On the old Lunar Models "war machines" they call for a color called Rose Gold on the saucer parts, and a copper color on the cobra part. I usually try to go to the source for my painting inspirations, in this case, the movie, or production stills from it, and try to make it as close to the "real" thing as possible. I don't know where to find rose gold as I usually try to mix my own colors, but if I come up with anything that might help I will certainly post it here. Maybe some of the other fellas will have some good suggestions. Personally, I can use all the help I can get. :freak:

Mike :wave:


----------



## Lloyd Collins (Sep 25, 2004)

The original models built for the movie, were made of copper. I have some war machine models, and I will be using copper metallic paint.

A great site for plans, behind the scenes of the war machines, go to http://www.waroftheworldsmovies.info/AlienMachine.html


----------



## razorwyre1 (Jan 28, 2004)

i plan to use metallic paint rather than foil or alclad or anything too reflective. 

thanks for the link.. great source!


----------



## djnick66 (May 2, 2008)

I read once that copper was chosen for the color to go along with Mars being a red colored planet. The chrome look on the Pegasus pre built is too bright. I will use Tamiya copper. They make a couple of shades I can air brush.


----------



## Lou Dalmaso (Jul 13, 2004)

check your auto parts stores. there is a very good copper metal flake touch up spray can that I used on my MWM. 

I agree that it shouldn't look like a brand new penny (i.e. too shiny)


----------



## Dave P (Jan 5, 2005)

Testors copper has a nice color and scale sheen to it. Either airbrush or rattle can. Just take it slow. A little pastel is good for battle effects.


----------



## Lloyd Collins (Sep 25, 2004)

In the movie, the ships have a shine. You can see the lights reflect back.


----------



## MartinHatfield (Apr 11, 2004)

Dave P., is that actually the Pegasus kit? I just saw it at my LHS an hour ago. You work fast my friend. How did you do the probe lying on the tank below?


----------



## Krel (Jun 7, 2000)

Could rose gold be similar to a color known as antique gold? I have seen Marine Pilots with flight wings in that color and has a reddish copper-like color, very nice looking.

David.


----------



## Dave P (Jan 5, 2005)

MartinHatfield said:


> Dave P., is that actually the Pegasus kit? I just saw it at my LHS an hour ago. You work fast my friend. How did you do the probe lying on the tank below?

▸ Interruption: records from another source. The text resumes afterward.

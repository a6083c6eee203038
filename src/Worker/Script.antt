-- ===== src/Worker/Script.antt =====
-- src/obsidian_git_sync/worker.py: which command of the work on an event may follow which, and what
-- it says to git.
use obsidian_git_sync_mcp.Common.{
  ◌≡◌, refl, ap, Bool, true, false, List, [], ◌∷◌, ◌++◌, returned, raised, timeout_expired,
}
use obsidian_git_sync_mcp.Common.Ends.{Ends}
use obsidian_git_sync_mcp.Text.{Text, codes}
use obsidian_git_sync_mcp.Host.{
  Trace, Reply, exited, timed_out, failed, GitResult, rc, timeout, ran, logged, git_timed_out,
}
use obsidian_git_sync_mcp.History.{
  Command, commands, operands, Ending, succeeded, exited_with, lost, ending,
}

-- The commands of a cycle: the staging, the question for staged changes, the same again (by
-- `commit`), the commit; and the question for the git directory that a failure's report asks.
pub data Part : Type 0 where
  staged asked asked_again committed reported : Part

-- How far a cycle is: the newest command, and how that ended.
pub data Point : Type 0 where
  fresh : Point
  behind : Part → Ending → Point

-- The questions follow a staging that succeeded, the commit two answers that there are changes, and a
-- report what failed: a question fails only where git does not exit.
abbrev pub follows : Point → Part → Bool
follows fresh staged = true
follows (behind staged succeeded) asked = true
follows (behind asked (exited_with (rc z))) asked_again = true
follows (behind asked_again (exited_with (rc z))) committed = true
follows (behind staged (exited_with code)) reported = true
follows (behind staged lost) reported = true
follows (behind asked (exited_with timeout)) reported = true
follows (behind asked lost) reported = true
follows (behind asked_again (exited_with timeout)) reported = true
follows (behind asked_again lost) reported = true
follows (behind committed (exited_with code)) reported = true
follows (behind committed lost) reported = true
follows (behind reported e) reported = true
follows _ _ = false

-- Where a cycle may end: behind a question that was answered with no changes, behind the commit, and
-- behind a failure or its report.
abbrev pub ends : Point → Bool
ends fresh = false
ends (behind staged succeeded) = false
ends (behind asked (exited_with (rc z))) = false
ends (behind asked_again (exited_with (rc z))) = false
ends _ = true

pub reported-ends : (o : Point) → follows o reported ≡ true → ends o ≡ true
reported-ends fresh e = cc
reported-ends (behind staged succeeded) e = cc
reported-ends (behind staged (exited_with code)) e = refl
reported-ends (behind staged lost) e = refl
reported-ends (behind asked succeeded) e = cc
reported-ends (behind asked (exited_with (rc z))) e = cc
reported-ends (behind asked (exited_with timeout)) e = refl
reported-ends (behind asked lost) e = refl
reported-ends (behind asked_again succeeded) e = cc
reported-ends (behind asked_again (exited_with (rc z))) e = cc
reported-ends (behind asked_again (exited_with timeout)) e = refl
reported-ends (behind asked_again lost) e = refl
reported-ends (behind committed x) e = refl
reported-ends (behind reported x) e = refl

module _ (stage : List Text) (IsMessage : Text → Type 0) where
  -- What a part says to git, behind the options that every command may have.
  abbrev pub Says : Part → List Text → Type 0
  Says staged line = line ≡ stage
  Says asked line = line ≡ codes "diff" ∷ codes "--cached" ∷ codes "--quiet" ∷ []
  Says asked_again line = line ≡ codes "diff" ∷ codes "--cached" ∷ codes "--quiet" ∷ []
  Says committed line =
      (message : Text) × (IsMessage message × (line ≡ codes "commit" ∷ codes "-m" ∷ message ∷ []))
  Says reported line = line ≡ codes "rev-parse" ∷ codes "--absolute-git-dir" ∷ []

  -- The commands of a cycle so far, the newest first.
  pub data Work : Point → List Command → Type 0 where
    nothing : Work fresh []
    more :
        (p : Part) (c : Command) (e : Ending) {o : Point} {cs : List Command}
        → follows o p ≡ true
        → Says p (operands c.line)
        → ending c.reply ≡ e
        → Work o cs
        → Work (behind p e) (c ∷ cs)

  module _ (h : List Command) where
    abbrev pub At : Point → List Command → Type 0
    At o cs = (new : List Command) × ((cs ≡ new ++ h) × Work o new)

    -- The history may go on with this part.
    abbrev pub Ready : Part → List Command → Type 0
    Ready p cs = (o : Point) × (At o cs × (follows o p ≡ true))

    abbrev pub Done : List Command → Type 0
    Done cs = (o : Point) × (At o cs × (ends o ≡ true))

    -- A part's command was run, and git exited with this result.
    abbrev pub Ran : Part → GitResult → List Command → Type 0
    Ran p r cs = At (behind p (ending (exited r))) cs

    module _ (p : Part) (line : List Text) where
      answered_with :
          (o : Point) (t : Trace) (reply : Reply) (e : Ending)
          → Says p (operands line)
          → follows o p ≡ true
          → ending reply ≡ e
          → At o (commands t)
          → At (behind p e) (record { line = line; reply = reply } ∷ commands t)
      answered_with o t reply e says m k (new, (g, w)) = (
        record { line = line; reply = reply } ∷ new,
        (
          ap (λ cs. record { line = line; reply = reply } ∷ cs) g,
          more p (record { line = line; reply = reply }) e m says k w,
        ),
      )

      -- What git answers to a part, and what then may follow.
      pub replied :
          (t : Trace) (reply : Reply)
          → Says p (operands line)
          → follows (behind p (exited_with timeout)) reported ≡ true
          → follows (behind p lost) reported ≡ true
          → Ready p (commands t)
          → Ends
              (λ r u. Ran p r (commands u))
              (λ u. Ready reported (commands u))
              (elim reply [
                | exited r ↦ returned r (ran line (exited r) ∷ t)
                | timed_out ↦ raised timeout_expired (logged git_timed_out ∷ ran line timed_out ∷ t)
                | failed e ↦ raised e (ran line (failed e) ∷ t)
              ])
      unfolding commands ending
      replied t (exited r) says k l (o, (a, m)) = answered_with o t (exited r) _ says m refl a
      replied t timed_out says k l (o, (a, m)) =
          (behind p (exited_with timeout), (answered_with o t timed_out _ says m refl a, k))
      replied t (failed e) says k l (o, (a, m)) =
          (behind p lost, (answered_with o t (failed e) _ says m refl a, l))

No. Sorry, I should have ID'd it. It's the old, larger Lunar kit. The probe head is a resin piece that came with the kit. The cable is a bit of necklace chain.


----------



## Marko (Jul 11, 2002)

I agree with razor, great site!! Never saw those pics. Thanks!!


----------



## robiwon (Oct 20, 2006)

I have to agree with Dave P, I used regular Testors copper on my MWM and it came out great. 

Again, Dave, I enjoyed your article.


----------



## Dr. Brad (Oct 5, 1999)

Dave P said:


> Testors copper has a nice color and scale sheen to it. Either airbrush or rattle can. Just take it slow. A little pastel is good for battle effects.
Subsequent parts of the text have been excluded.